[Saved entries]
__________

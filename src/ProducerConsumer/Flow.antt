-- ===== src/ProducerConsumer/Flow.antt =====
-- Which tasklets are served, in which order, and that each is deleted once.
use libnebula.Prelude.{
  ℕ, zero, suc, ◌+◌, ◌-◌, min, ◌≡◌, refl, sym, ap, ap₂, ◌∙◌, inl, inr, ◌||◌, none, some, List, [],
  ◌∷◌, ◌++◌, append_assoc, append-nil, arith, ltb, ◌==◌, if◌then◌else◌, length, take, drop,
  Bool-cases,
}
use libnebula.ProducerConsumer.{
  Result, not_available, success, failed, aborted, cancelled, processed, reported, prepared,
  deleted, Log, Tasklet, switch, execute, serve, fetch_loop, fetch_tasklet_and_execute,
  push_tasklet, dispatch_tasklet, generate_loop, generate_tasklet_and_dispatch,
}

-- What happens to a tasklet that `process` answers with `r`.
abbrev pub report_events : ℕ → Result → Log
report_events t not_available = reported t not_available ∷ reported t success ∷ []
report_events t success = reported t success ∷ []
report_events t failed = reported t failed ∷ []
report_events t aborted = reported t aborted ∷ []
report_events t cancelled = reported t cancelled ∷ []
report_events t (Result.other n) = []

-- How many tasklets a loop takes: all of them if the limit is 0.
abbrev pub quota : ℕ → ℕ → ℕ → ℕ
quota limit count available = if limit == 0 then available else min (limit - count) available

module _ (process : ℕ → Result) where
  -- The events of a tasklet that is fetched: prepared, processed, reported, deleted.
  abbrev service : ℕ → Log
  service t = prepared t ∷ processed t ∷ (report_events t (process t) ++ deleted t ∷ [])

  abbrev pub services : List ℕ → Log
  services [] = []
  services (t ∷ items) = service t ++ services items

  switch-log :
      (r : Result) (t : Tasklet) (log : Log)
      → (switch r (t, log)).1 ≡ log ++ report_events t.address r
  switch-log not_available t log = append_assoc log _ _
  switch-log success t log = refl
  switch-log failed t log = refl
  switch-log aborted t log = refl
  switch-log cancelled t log = refl
  switch-log (Result.other n) t log = sym (append-nil log)

  serve-service : (t : ℕ) (log : Log) → serve process t log ≡ log ++ service t
  unfolding execute
  serve-service t log = rw (switch-log (process t)) (simp append_assoc)

  fetch_loop_lem :
      (limit count k : ℕ) (items : List ℕ) (log : Log)
      → k ≡ quota limit count (length items)
      → fetch_loop process limit count items log
        ≡ (count + k, drop k items, log ++ services (take k items))
  unfolding fetch_loop
  fetch_loop_lem limit count zero [] log e = ground (arith, append-nil log)
  fetch_loop_lem limit count (suc k) [] log e = absurd (ground arith)
  fetch_loop_lem limit count zero (t ∷ items) log e = ground (arith, append-nil log)
  fetch_loop_lem limit count (suc k) (t ∷ items) log e =
      elim (Bool-cases (limit == 0 || ltb count limit)) [
        | inr stop ↦ absurd (ground arith)
        | inl more ↦ rw more (
            fetch_loop_lem limit (count + 1) k items (serve process t log) (ground arith)
            ∙ ap₂ (λ (n : ℕ) (l : Log). (n, drop k items, l)) (omega arith)
                (ap (λ l. l ++ services (take k items)) (serve-service t log)
                  ∙ append_assoc log (service t) (services (take k items))))
      ]

  -- `fetchTaskletAndExecute` on a queue takes as many tasklets as it holds, but at most `limit`
  -- unless that is 0. It takes them from the front, in order, leaves the others, and returns their
  -- number; each is prepared, processed, reported and deleted, once, before the next is fetched.
  -- With no queue attached it does nothing and returns 0.
  pub fetch_tasklet_and_execute_lem :
      (limit : ℕ) (items : List ℕ) (log : Log)
      → let k = quota limit 0 (length items) in
        (fetch_tasklet_and_execute process limit (some items) log
          ≡ (k, some (drop k items), log ++ services (take k items)))
        × (fetch_tasklet_and_execute process limit none log ≡ (0, none, log))
  unfolding fetch_tasklet_and_execute
  fetch_tasklet_and_execute_lem limit items log = (
    rw (fetch_loop_lem limit 0 (quota limit 0 (length items)) items log refl) (ground arith),
    refl,
  )

-- The events of a tasklet that is generated with no queue to put it into.
abbrev pub drops : List ℕ → Log
drops [] = []
drops (t ∷ supply) = prepared t ∷ deleted t ∷ drops supply

abbrev pub preparations : List ℕ → Log
preparations [] = []
preparations (t ∷ supply) = prepared t ∷ preparations supply

generate_loop_attached :
    (limit count k : ℕ) (supply items : List ℕ) (log : Log)
    → k ≡ quota limit count (length supply)
    → generate_loop limit count supply (some items) log ≡ (
      count + k,
      drop k supply,
      some (items ++ take k supply),
      log ++ preparations (take k supply),
    )
unfolding generate_loop dispatch_tasklet push_tasklet
generate_loop_attached limit count zero [] items log e =
    ground (arith, append-nil log, append-nil items)
generate_loop_attached limit count (suc k) [] items log e = absurd (ground arith)
generate_loop_attached limit count zero (t ∷ supply) items log e =
    ground (arith, append-nil log, append-nil items)
generate_loop_attached limit count (suc k) (t ∷ supply) items log e =
    elim (Bool-cases (limit == 0 || ltb count limit)) [
      | inr stop ↦ absurd (ground arith)
      | inl more ↦ rw more (
          generate_loop_attached limit (count + 1) k supply (items ++ t ∷ [])
            (log ++ prepared t ∷ []) (ground arith)
          ∙ ground (
            arith,
            append_assoc items (t ∷ []) (take k supply),
            append_assoc log (prepared t ∷ []) (preparations (take k supply)),
          ))
    ]

generate_loop_detached :
    (limit count k : ℕ) (supply : List ℕ) (log : Log)
    → k ≡ quota limit count (length supply)
    → generate_loop limit count supply none log
      ≡ (count + k, drop k supply, none, log ++ drops (take k supply))
unfolding generate_loop dispatch_tasklet
generate_loop_detached limit count zero [] log e = ground (arith, append-nil log)
generate_loop_detached limit count (suc k) [] log e = absurd (ground arith)
generate_loop_detached limit count zero (t ∷ supply) log e = ground (arith, append-nil log)
generate_loop_detached limit count (suc k) (t ∷ supply) log e =
    elim (Bool-cases (limit == 0 || ltb count limit)) [
      | inr stop ↦ absurd (ground arith)
      | inl more ↦ rw more (
          generate_loop_detached limit (count + 1) k supply
            ((log ++ prepared t ∷ []) ++ deleted t ∷ []) (ground arith)
          ∙ ground (
            arith,
            append_assoc log (prepared t ∷ []) (deleted t ∷ []),
            append_assoc log (prepared t ∷ deleted t ∷ []) (drops (take k supply)),
          ))
    ]

-- `generateTaskletAndDispatch` generates as many tasklets as there are, but at most `limit` unless
-- that is 0, and returns their number. Attached to a queue it appends them to it in order; with no
-- queue it deletes each.
pub generate_tasklet_and_dispatch_lem :
    (limit : ℕ) (supply items : List ℕ) (log : Log)
    → let k = quota limit 0 (length supply) in
      (generate_tasklet_and_dispatch limit supply (some items) log
        ≡ (k, drop k supply, some (items ++ take k supply), log ++ preparations (take k supply)))
      × (generate_tasklet_and_dispatch limit supply none log
          ≡ (k, drop k supply, none, log ++ drops (take k supply)))
unfolding generate_tasklet_and_dispatch
generate_tasklet_and_dispatch_lem limit supply items log =
    let k = quota limit 0 (length supply) in
    (
      rw (generate_loop_attached limit 0 k supply items log refl) (ground arith),
      rw (generate_loop_detached limit 0 k supply log refl) (ground arith),
    )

__________

Aim of the exercise> The answer is every entry, repeated word for word.

Result for this task>
filename src/ProducerConsumer/Flow.antt
-- ===== src/ProducerConsumer/Flow.antt =====
-- Which tasklets are served, in which order, and that each is deleted once.
use libnebula.Prelude.{
  ℕ, zero, suc, ◌+◌, ◌-◌, min, ◌≡◌, refl, sym, ap, ap₂, ◌∙◌, inl, inr, ◌||◌, none, some, List, [],
  ◌∷◌, ◌++◌, append_assoc, append-nil, arith, ltb, ◌==◌, if◌then◌else◌, length, take, drop,
  Bool-cases,
}
use libnebula.ProducerConsumer.{
  Result, not_available, success, failed, aborted, cancelled, processed, reported, prepared,
  deleted, Log, Tasklet, switch, execute, serve, fetch_loop, fetch_tasklet_and_execute,
  push_tasklet, dispatch_tasklet, generate_loop, generate_tasklet_and_dispatch,
}

-- What happens to a tasklet that `process` answers with `r`.
abbrev pub report_events : ℕ → Result → Log
report_events t not_available = reported t not_available ∷ reported t success ∷ []
report_events t success = reported t success ∷ []
report_events t failed = reported t failed ∷ []
report_events t aborted = reported t aborted ∷ []
report_events t cancelled = reported t cancelled ∷ []
report_events t (Result.other n) = []

-- How many tasklets a loop takes: all of them if the limit is 0.
abbrev pub quota : ℕ → ℕ → ℕ → ℕ
quota limit count available = if limit == 0 then available else min (limit - count) available

module _ (process : ℕ → Result) where
  -- The events of a tasklet that is fetched: prepared, processed, reported, deleted.
  abbrev service : ℕ → Log
  service t = prepared t ∷ processed t ∷ (report_events t (process t) ++ deleted t ∷ [])

  abbrev pub services : List ℕ → Log
  services [] = []
  services (t ∷ items) = service t ++ services items

  switch-log :
      (r : Result) (t : Tasklet) (log : Log)
      → (switch r (t, log)).1 ≡ log ++ report_events t.address r
  switch-log not_available t log = append_assoc log _ _
  switch-log success t log = refl
  switch-log failed t log = refl
  switch-log aborted t log = refl
  switch-log cancelled t log = refl
  switch-log (Result.other n) t log = sym (append-nil log)

  serve-service : (t : ℕ) (log : Log) → serve process t log ≡ log ++ service t
  unfolding execute
  serve-service t log = rw (switch-log (process t)) (simp append_assoc)

  fetch_loop_lem :
      (limit count k : ℕ) (items : List ℕ) (log : Log)
      → k ≡ quota limit count (length items)
      → fetch_loop process limit count items log
        ≡ (count + k, drop k items, log ++ services (take k items))
  unfolding fetch_loop
  fetch_loop_lem limit count zero [] log e = ground (arith, append-nil log)
  fetch_loop_lem limit count (suc k) [] log e = absurd (ground arith)
  fetch_loop_lem limit count zero (t ∷ items) log e = ground (arith, append-nil log)
  fetch_loop_lem limit count (suc k) (t ∷ items) log e =
      elim (Bool-cases (limit == 0 || ltb count limit)) [
        | inr stop ↦ absurd (ground arith)
        | inl more ↦ rw more (
            fetch_loop_lem limit (count + 1) k items (serve process t log) (ground arith)
            ∙ ap₂ (λ (n : ℕ) (l : Log). (n, drop k items, l)) (omega arith)
                (ap (λ l. l ++ services (take k items)) (serve-service t log)
                  ∙ append_assoc log (service t) (services (take k items))))
      ]

  -- `fetchTaskletAndExecute` on a queue takes as many tasklets as it holds, but at most `limit`
  -- unless that is 0. It takes them from the front, in order, leaves the others, and returns their
  -- number; each is prepared, processed, reported and deleted, once, before the next is fetched.
  -- With no queue attached it does nothing and returns 0.
  pub fetch_tasklet_and_execute_lem :
      (limit : ℕ) (items : List ℕ) (log : Log)
      → let k = quota limit 0 (length items) in
        (fetch_tasklet_and_execute process limit (some items) log
          ≡ (k, some (drop k items), log ++ services (take k items)))
        × (fetch_tasklet_and_execute process limit none log ≡ (0, none, log))
  unfolding fetch_tasklet_and_execute
  fetch_tasklet_and_execute_lem limit items log = (
    rw (fetch_loop_lem limit 0 (quota limit 0 (length items)) items log refl) (ground arith),
    refl,
  )

-- The events of a tasklet that is generated with no queue to put it into.
abbrev pub drops : List ℕ → Log
drops [] = []
drops (t ∷ supply) = prepared t ∷ deleted t ∷ drops supply

abbrev pub preparations : List ℕ → Log
preparations [] = []
preparations (t ∷ supply) = prepared t ∷ preparations supply

generate_loop_attached :
    (limit count k : ℕ) (supply items : List ℕ) (log : Log)
    → k ≡ quota limit count (length supply)
    → generate_loop limit count supply (some items) log ≡ (
      count + k,
      drop k supply,
      some (items ++ take k supply),
      log ++ preparations (take k supply),
    )
unfolding generate_loop dispatch_tasklet push_tasklet
generate_loop_attached limit count zero [] items log e =
    ground (arith, append-nil log, append-nil items)
generate_loop_attached limit count (suc k) [] items log e = absurd (ground arith)
generate_loop_attached limit count zero (t ∷ supply) items log e =
    ground (arith, append-nil log, append-nil items)
generate_loop_attached limit count (suc k) (t ∷ supply) items log e =
    elim (Bool-cases (limit == 0 || ltb count limit)) [
      | inr stop ↦ absurd (ground arith)
      | inl more ↦ rw more (
          generate_loop_attached limit (count + 1) k supply (items ++ t ∷ [])
            (log ++ prepared t ∷ []) (ground arith)
          ∙ ground (
            arith,
            append_assoc items (t ∷ []) (take k supply),
            append_assoc log (prepared t ∷ []) (preparations (take k supply)),
          ))
    ]

generate_loop_detached :
    (limit count k : ℕ) (supply : List ℕ) (log : Log)
    → k ≡ quota limit count (length supply)
    → generate_loop limit count supply none log
      ≡ (count + k, drop k supply, none, log ++ drops (take k supply))
unfolding generate_loop dispatch_tasklet
generate_loop_detached limit count zero [] log e = ground (arith, append-nil log)
generate_loop_detached limit count (suc k) [] log e = absurd (ground arith)
generate_loop_detached limit count zero (t ∷ supply) log e = ground (arith, append-nil log)
generate_loop_detached limit count (suc k) (t ∷ supply) log e =
    elim (Bool-cases (limit == 0 || ltb count limit)) [
      | inr stop ↦ absurd (ground arith)
      | inl more ↦ rw more (
          generate_loop_detached limit (count + 1) k supply
            ((log ++ prepared t ∷ []) ++ deleted t ∷ []) (ground arith)
          ∙ ground (
            arith,
            append_assoc log (prepared t ∷ []) (deleted t ∷ []),
            append_assoc log (prepared t ∷ deleted t ∷ []) (drops (take k supply)),
          ))
    ]

-- `generateTaskletAndDispatch` generates as many tasklets as there are, but at most `limit` unless
-- that is 0, and returns their number. Attached to a queue it appends them to it in order; with no
-- queue it deletes each.
pub generate_tasklet_and_dispatch_lem :
    (limit : ℕ) (supply items : List ℕ) (log : Log)
    → let k = quota limit 0 (length supply) in
      (generate_tasklet_and_dispatch limit supply (some items) log
        ≡ (k, drop k supply, some (items ++ take k supply), log ++ preparations (take k supply)))
      × (generate_tasklet_and_dispatch limit supply none log
          ≡ (k, drop k supply, none, log ++ drops (take k supply)))
unfolding generate_tasklet_and_dispatch
generate_tasklet_and_dispatch_lem limit supply items log =
    let k = quota limit 0 (length supply) in
    (
      rw (generate_loop_attached limit 0 k supply items log refl) (ground arith),
      rw (generate_loop_detached limit 0 k supply log refl) (ground arith),
    )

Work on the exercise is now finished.